先週の第1試合を欠場したタイガー・ウッズは、猛暑の中での全米プロ優勝で、「フェデックスカップは、全面的に応援しているが、とにかく疲れきっており、休みが必要」と語ったが、その一方、「年金を受け取る年齢(年金受給資格は45歳から)になり、それが使える頃には、私は死んでいるかもしれない」とも語っている。
しかも、「ボーナスはオフィシャルマネーにはカウントされない」(PGAツアー広報)というし、ウッズは休んでいる間にビデオゲームのプロモーションを行う予定というのだから、ウッズにすればフェデックスカップへの意欲が半減したようにも思えてくる。

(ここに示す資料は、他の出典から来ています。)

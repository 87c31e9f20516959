-- ===== src/Examples/Releases.antt =====
-- The theorems about internal/release, applied to one repository and one archive.
use cross_session_codex.Common.{
  ◌↔◌, ◌≡◌, ◌≤◌, length, arith, refl, true, false, List, [], ◌∷◌, ◌++◌, some, All, if◌then◌else◌,
  Bytes, codes,
}
use cross_session_codex.Bytes.{same_bytes, cut_first, cut_last, split_on, join_with, fields}
use cross_session_codex.Release.Tag.{valid_tag}
use cross_session_codex.Release.Tag.Grammar.{Version, IsVersion, text_of}
use cross_session_codex.Release.Tag.Writing.{valid_tag-text_of, valid_tag_iff}
use cross_session_codex.Path.{clean, dir, elements}
use cross_session_codex.Release.Archive.{
  directory, regular, global_header, Next, entry, Disk, extract_source,
}
use cross_session_codex.Release.Archive.Inside.{AreInside, extract_source-AreInside}
use cross_session_codex.Release.Source.{SourceState, Options, metadata, labelled, inspect_source}
use cross_session_codex.Release.Source.Label.{Describes, metadata-Describes}
use cross_session_codex.Release.Source.Environment.{build_environment}
use cross_session_codex.Release.Source.Effective.{
  effective, settings, ambient, build_environment-Settled,
}
use cross_session_codex.Release.Outside.{
  Call, git, go, absolute, resolve, lstat, read_file, make_stage, digest_file, other_file, Reply,
  says, absent, found, fails, Outside, ask, pure, stop, ◌>>=◌,
}
use cross_session_codex.Release.Checks.{
  safe_output_within, repository_root, check_toolchain, safe_output,
}
use cross_session_codex.Release.Run.{target_of, set_up, compile, build_all, publish, finish, run}
use cross_session_codex.Release.Run.Published.{start, IsUnchanged, run-IsUnchanged, quiet_log}
use cross_session_codex.Release.Run.Search.{safe_output-ends}
use cross_session_codex.Release.Run.Metadata.{IsClear, safe_output-IsClear}

abbrev candidate : Version
candidate = record {
  major = codes "1";
  minor = codes "20";
  patch = codes "0";
  pre = some (codes "rc", codes "1" ∷ []);
  build = some (codes "001", []);
}

candidate-IsVersion : IsVersion candidate
candidate-IsVersion = record {
  numbers = (refl, (refl, (refl, tt)));
  pre_ok = (refl, (refl, tt));
  build_ok = (refl, tt);
}

valid_tag_iff_example :
    (valid_tag (codes "v1.20.0-rc.1+001") ≡ true)
    ↔ ((v : Version) × IsVersion v × (text_of v ≡ codes "v1.20.0-rc.1+001"))
valid_tag_iff_example = valid_tag_iff (codes "v1.20.0-rc.1+001")

candidate-accepted : valid_tag (text_of candidate) ≡ true
candidate-accepted = valid_tag-text_of candidate candidate-IsVersion

abbrev entries : List Next
entries =
    entry (record { name = codes "pax_global_header"; kind = global_header; executable = false })
    ∷ entry (record { name = codes "docs/"; kind = directory; executable = false })
    ∷ entry (record { name = codes "docs/a.md"; kind = regular; executable = false })
    ∷ []

extract_source-AreInside_example :
    AreInside
      (codes "/w/source")
      (extract_source
        (codes "/w/source")
        entries
        (record { faults = false ∷ false ∷ true ∷ []; called = []; made = [] })).1
extract_source-AreInside_example =
    extract_source-AreInside (codes "/w/source") entries (false ∷ false ∷ true ∷ []) refl

abbrev blank : Disk
blank = record { faults = []; called = []; made = [] }

abbrev clean_source : SourceState
clean_source = record {
  commit = codes "0123456789abcdef";
  fingerprint = codes "f";
  date = 7;
  dirty = false;
  tags = codes "v1.0.0" ∷ [];
}

abbrev asked : Options
asked = record {
  source = [];
  output = codes "/o/d";
  tag = codes "v1.0.0";
  snapshot = false;
  build = false;
  cross_build = false;
}

metadata-clean :
    metadata clean_source asked
    ≡ some (labelled clean_source (codes "v1.0.0") (codes "v1.0.0") true)
unfolding metadata
metadata-clean = refl

metadata-Describes_example :
    Describes clean_source asked (labelled clean_source (codes "v1.0.0") (codes "v1.0.0") true)
metadata-Describes_example =
    metadata-Describes clean_source asked
      (labelled clean_source (codes "v1.0.0") (codes "v1.0.0") true) metadata-clean

-- An environment that asks for cgo and another compiler.
abbrev hostile : List Bytes
hostile = codes "CGO_ENABLED=1" ∷ codes "CC=evil" ∷ codes "GOPATH=/g" ∷ []

build_environment-Settled_example :
    All
      (λ s. effective s.0 (build_environment hostile (codes "linux") (codes "arm64")) ≡ s.1)
      (settings true (codes "linux") (codes "arm64") false true)
    × All
        (λ k.
          effective k (build_environment hostile (codes "linux") (codes "arm64"))
          ≡ effective k hostile)
        ambient
build_environment-Settled_example =
    build_environment-Settled hostile (codes "linux") (codes "arm64")

-- The answers of a system with a clean repository at /r.
abbrev answer_git : List Bytes → Reply
answer_git [] = fails
answer_git (a ∷ []) = fails
answer_git (a ∷ b ∷ more) =
    if same_bytes a (codes "show")
    then says (codes "0123456789012345678901234567890123456789 1700000000")
    else if same_bytes a (codes "rev-parse")
    then says (if same_bytes b (codes "--show-toplevel") then codes "/r" else codes "/r/.git")
    else says []

abbrev answer : Call → Reply
answer (git root args) = answer_git args
answer (go root env args) = says (codes "go1.27.1")
answer (absolute p) = says (codes "/o/d")
answer (resolve p) = says p
answer (lstat p) = if same_bytes p (codes "/o/d") then absent else found other_file
answer (read_file p) =
    says (codes "module github.com/Tristan-Wilson/cross-session-codex" ++ 10 ∷ [])
answer (make_stage p) = says (codes "/o/s")
answer (digest_file p) = says (codes "ab")
answer _ = says []

abbrev system : Outside
system clock c = answer c

abbrev preview : Options
preview = record {
  source = [];
  output = codes "/o/d";
  tag = [];
  snapshot = true;
  build = false;
  cross_build = false;
}

safe-accepted : (safe_output (codes "/r") (codes "/o/d") system start).0 ≡ some (codes "/o/d")
unfolding safe_output safe_output_within clean cut_last split_on join_with ask pure stop ◌>>=◌
safe-accepted = refl

safe_output-IsClear_example : IsClear system (codes "/r") (codes "/o/d")
safe_output-IsClear_example =
    safe_output-IsClear system start (codes "/r") (codes "/o/d") (codes "/o/d") safe-accepted refl

preview-published :
    quiet_log (run (λ t. t) (λ n. []) [] (target_of "linux" "arm64") preview system start).1.log
    ≡ false
unfolding run finish publish build_all compile set_up repository_root check_toolchain inspect_source
    metadata safe_output safe_output_within clean cut_last cut_first split_on join_with fields
    build_environment valid_tag ask pure stop ◌>>=◌
preview-published = refl

run-IsUnchanged_example :
    IsUnchanged (λ t. t) (λ n. []) [] (target_of "linux" "arm64") preview system
run-IsUnchanged_example =
    run-IsUnchanged (λ t. t) (λ n. []) [] (target_of "linux" "arm64") preview system
      preview-published

rounds-enough : length (elements (dir (codes "/o/d"))) ≤ 4
unfolding clean cut_last split_on join_with
rounds-enough = omega arith

safe_output-ends_example :
    safe_output_within 5 (codes "/r") (codes "/o/d") system start
    ≡ safe_output (codes "/r") (codes "/o/d") system start
safe_output-ends_example =
    safe_output-ends system (codes "/r") (codes "/o/d") 4 start (λ k e. cc) refl rounds-enough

フィル・ミケルソンにしても「去年、この話を聞いたときには、すごい金額が勝者に渡されるのだから最高だと思ったけれど、勝った人間が何年もそれを見ることが出来ないなんて……やっぱり目の前に札束があったほうが、カッコが良いと思う」と語っている。
ただ、PGAツアーが、今回のボーナスを年金の形で支払うことに決めた理由も分からないではない。ウィンダム選手権に優勝したルーキーのブラント・スネデカーは、フェデックスカップの出場権を「4週間の1000万ドルの宝くじをもらったようなもの」と表現したが、高額宝くじと同様、当たればすぐに会社(ツアープロ)をやめるなどという選手も出てくる可能性もあるからだ。
もちろん、ウッズは、ジャック・二クラスのメジャー18勝を目標にしていることから、最低でもあとメジャーで5勝するまでは、ツアーから引退はないはず。
しかしそれにしても、ドバイでのコース設計に続いて、ノースカロライナで、アメリカでは初のコースデザインを行うことを、全米プロの直後に発表。
すでにコース設計家のトム・ファジオのところから敏腕設計家を引き抜いたとの話も伝わってきており、リタイア後の生活設計を立てているふしも感じられないことはない。
とすれば、この1000万ドルは馬鹿に出来ない金額となる。
この1000万ドルのボーナス問題、フェデックスカップの人気にも係わる問題だけに、この論議は、来年も再燃しそうだ。